You can mention it to him/her, but you are probably young, with no family history. Usual time for a colonoscopy is age 50.
Keep in mind that if you do have a close relative that was diagnosed at say 50 years old, you have to go in at age 40 for yours. Ten years earlier than the relative was diagnosed.Okay thanks. I'll keep it in mind for when I get closer to 50.
I guess I'm a bit of a nervous nelly.
I'm home.... It's so good to have the surgery behind me.
I have a little cut on the belly button area. I'm a little sore and very weak. Getting up and down is a problem.... but other than that... and that ain't much.... this was a piece of cake.
To Dr. Obias... thanks... I know you enjoy being a doctor for all the right reasons!
To all the ladies at GWU...Elaine, Amy, Barbara, Melissa, Ella, Sheeba, Joy, Elizabeth and Jennie [the needle lol].... I thank you again for the excellent caring way you do your job every single day. You are all heroes in my book!
Thanks again hotcoffee room 570.
Now, as far as the room number goes, I am unemployed. Please accept these...

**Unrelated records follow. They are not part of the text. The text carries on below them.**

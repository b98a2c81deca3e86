-- ===== src/V3bw/Order.antt =====
-- v3bw.c: the median against the order of the results.
use mathlib.Core.List.{Memᴰ, Permᴰ}
use mathlib.Core.List.Permᴰ
use mathlib.Core.Quot
use mathlib.Core.Quot.{Quot, Quot-set}
use flashflow_research.Prelude.{
  ℕ, ◌/◌, ◌≤◌, ◌<◌, ◌≡◌, inl, inr, refl, ap, true, List, [], ◌∷◌, arith, length, take_all, count_if,
  Bool-cases,
}
use flashflow_research.Prelude.Perms.{length-perm}
use flashflow_research.Prelude.Int.{ℤ, pos, negsuc, ltb_ℤ, ◌≤ℤ◌}
use flashflow_research.V3bw.Median.{leb_ℤ, calc_median, count_if-perm, calc_median_lem}

le_antisymm : (a b : ℤ) → a ≤ℤ b → b ≤ℤ a → a ≡ b
le_antisymm (pos a) (pos b) h k = ap pos (omega arith)
le_antisymm (pos a) (negsuc b) h k = absurd (omega arith)
le_antisymm (negsuc a) (pos b) h k = absurd (omega arith)
le_antisymm (negsuc a) (negsuc b) h k = ap negsuc (omega arith)

-- What is no larger than one number is smaller than a larger one.
count-le-lt :
    (v u : ℤ) (xs : List ℤ)
    → ltb_ℤ v u ≡ true
    → count_if (λ x. leb_ℤ x v) xs ≤ count_if (λ x. ltb_ℤ x u) xs
count-le-lt v u [] h = omega arith
count-le-lt v u (x ∷ xs) h = ground (arith, h, count-le-lt v u xs h)

-- The number of a rank is no larger than another of the same rank.
ranked_le :
    (v u : ℤ) (k : ℕ) (xs : List ℤ)
    → k < count_if (λ x. leb_ℤ x v) xs
    → count_if (λ x. ltb_ℤ x u) xs ≤ k
    → u ≤ℤ v
ranked_le v u k xs h l = elim (Bool-cases (ltb_ℤ v u)) [
  | inl less ↦ absurd (omega (arith, count-le-lt v u xs less, h, l))
  | inr no_less ↦ ground (arith, no_less)
]

-- A number of the rank that the median has.
abbrev pub Ranked : List ℤ → ℤ → Type 0
Ranked l v =
    (count_if (λ x. ltb_ℤ x v) l ≤ length l / 2) × (length l / 2 < count_if (λ x. leb_ℤ x v) l)

calc_median-Ranked : (l : List ℤ) → 0 < length l → Ranked l (calc_median l (length l))
calc_median-Ranked l h =
    rw (take_all (length l) l (omega arith)) at (calc_median_lem l (length l) h (omega arith))

same_rank : (l l' : List ℤ) (v u : ℤ) → Permᴰ l l' → Ranked l v → Ranked l' u → v ≡ u
same_rank l l' v u p a b =
    let size = length-perm p in
    let below = count_if-perm (λ x. ltb_ℤ x v) p in
    let upto = count_if-perm (λ x. leb_ℤ x v) p in
    le_antisymm v u (ranked_le u v (length l' / 2) l' b.1 (ground (arith, a.0, size, below)))
      (ranked_le v u (length l' / 2) l' (ground (arith, a.1, size, upto)) b.0)

-- The results in any order have the same median.
calc_median-perm :
    (xs ys : List ℤ) → Permᴰ xs ys → calc_median xs (length xs) ≡ calc_median ys (length ys)
unfolding calc_median
calc_median-perm [] [] p = refl
calc_median-perm [] (y ∷ ys) p = absurd (omega (arith, length-perm p))
calc_median-perm (x ∷ xs) [] p = absurd (omega (arith, length-perm p))
calc_median-perm (x ∷ xs) (y ∷ ys) p =
    same_rank (x ∷ xs) (y ∷ ys) _ _ p (calc_median-Ranked (x ∷ xs) (omega arith))
      (calc_median-Ranked (y ∷ ys) (omega arith))

ℤ_set : IsSet ℤ
ℤ_set = hlevel

-- The results of a relay, without their order.
abbrev pub Bag : Type 0
Bag = Quot (λ (xs ys : List ℤ). Permᴰ xs ys)

-- A number of the rank lies between the counts, so that it is in the list.
count-Mem :
    (v : ℤ) (xs : List ℤ) → count_if (λ x. ltb_ℤ x v) xs < count_if (λ x. leb_ℤ x v) xs → Memᴰ v xs
count-Mem v [] h = absurd (omega arith)
count-Mem v (x ∷ xs) h = elim (Bool-cases (ltb_ℤ x v)) [
  | inl less ↦ Memᴰ.tail (count-Mem v xs (ground (arith, less, h)))
  | inr no_less ↦ elim (Bool-cases (leb_ℤ x v)) [
    | inl upto ↦ Memᴰ.head (le_antisymm v x (ground (arith, no_less)) (ground (arith, upto)))
    | inr more ↦ Memᴰ.tail (count-Mem v xs (ground (arith, no_less, more, h)))
  ]
]

-- The median of a list: it is one of the numbers, and the only number that has the middle rank.
abbrev pub IsMedian : List ℤ → ℤ → Type 0
IsMedian xs v = Memᴰ v xs × Ranked xs v × ((u : ℤ) → Ranked xs u → u ≡ v)

calc_median-IsMedian : (xs : List ℤ) → 0 < length xs → IsMedian xs (calc_median xs (length xs))
calc_median-IsMedian xs h =
    let r = calc_median-Ranked xs h in
    (
      count-Mem (calc_median xs (length xs)) xs (omega (arith, r.0, r.1)),
      r,
      λ u q. same_rank xs xs u (calc_median xs (length xs)) (Permᴰ.refl xs) q r,
    )

-- The median belongs to the results and not to their order: there is a function of the results
-- without their order that gives what calc_median gives of the array, and of at least one result
-- that is one of the results, and the only number of which at most half as many as there are,
-- rounded down, are smaller and more than that many are no larger.
pub calc_median-Bag :
    (f : Bag → ℤ) × ((xs : List ℤ) → f (Quot.mk xs) ≡ calc_median xs (length xs))
    × ((xs : List ℤ) → 0 < length xs → IsMedian xs (f (Quot.mk xs)))
calc_median-Bag =
    let f : Bag → ℤ = Quot.lift ℤ_set (λ xs. calc_median xs (length xs)) calc_median-perm in
    (f, λ xs. refl, calc_median-IsMedian)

On another site a cancer patient asked, "Is it ever over?". She has had a lot of cancers and now she finds it's in her colon. My heart went right out to her because my own mother had breast cancer, uterine cancer, and colon cancer. She was lucky because she was a vet's wife during peacetime. My dad had been in medical research for a long time in the Navy. She knew most of the doctors by name, and some by first name.... and she was in the wives clubs with many through the years.
This is what I answered the woman who asked "Is it ever over?".
"I don't know if it goes away. I know when I was being treated for Lyme Disease not long ago, I learned that it would never go away.... and the co-infections might mutate as well.... It seems like this cancer stuff is the same thing. That's what's scaring me the most. I am not afraid to make decisions on my own about my health. I ask for a copy of every report and read it through checking for inconsistencies that even I can find. I figure all the stuff over my head should repeat through the reports or it should be mentioned that the stuff is now unremarkable. Even that word unremarkable may lead me to issues.... say if a change in prognosis is unremarkable.
I wonder if it matters really. After all... we're tagged with cancer now.... so now we have to learn how to live with it and continue on with life... Full of Hope... I can only hope the professionals I'm dealing with are as professional as they seem to be. Now that it may be a while I have to depend on them."
Yes, I chose my staff after seeing nine different Doctors in a 3 day period after diagnosis. I decided to go to Philadelphia to a Hospital that specialized in my diagnosis. They were great, and I'm thankful for each, and everyone of the Staff. It was 5 days from diagnosis, to surgery because my Cancer was aggressive. Melanoma spreads like wild fire, and considering that it was in my head, I had to move quick.
Well Hotcoffee, here's the kicker. I was at what I thought, was the healthiest time in my life. One Child was out of the home, and one still at home. Six months before that dreadful day, my Husband, and I decided to cancel Health Insurance on ourselves, and just keep it for the one Child left at home. So I had no Health Insurance, and made too much money to get Medical Assistance. because I was a Paramedic/Firefighter, different organizations picked up a ton of the tab. They said because I was a "Servant to my Community". The Surgeon ate his costs, because he wanted to help me, so he did his part for free. We had to pay for the Operating Room, Anesthesiologist, and the first round of chemo, and radiation. That was about 25 thousand out of pocket. The Knights of Templar paid for my room, and TV, along with food. I was very lucky, and to this day, we donate a nice sum of money to these organizations. We are heavily Insured now, and have learned from our mistake, thinking we would live forever, and be in great health.Was your insurance company easy to deal with?
I gotta say... I called my insurance company my diagnosis and they gave me a real update on benefits.
They told me up front what I had to pay, and they told me how far into the max for the year out of pocket I have.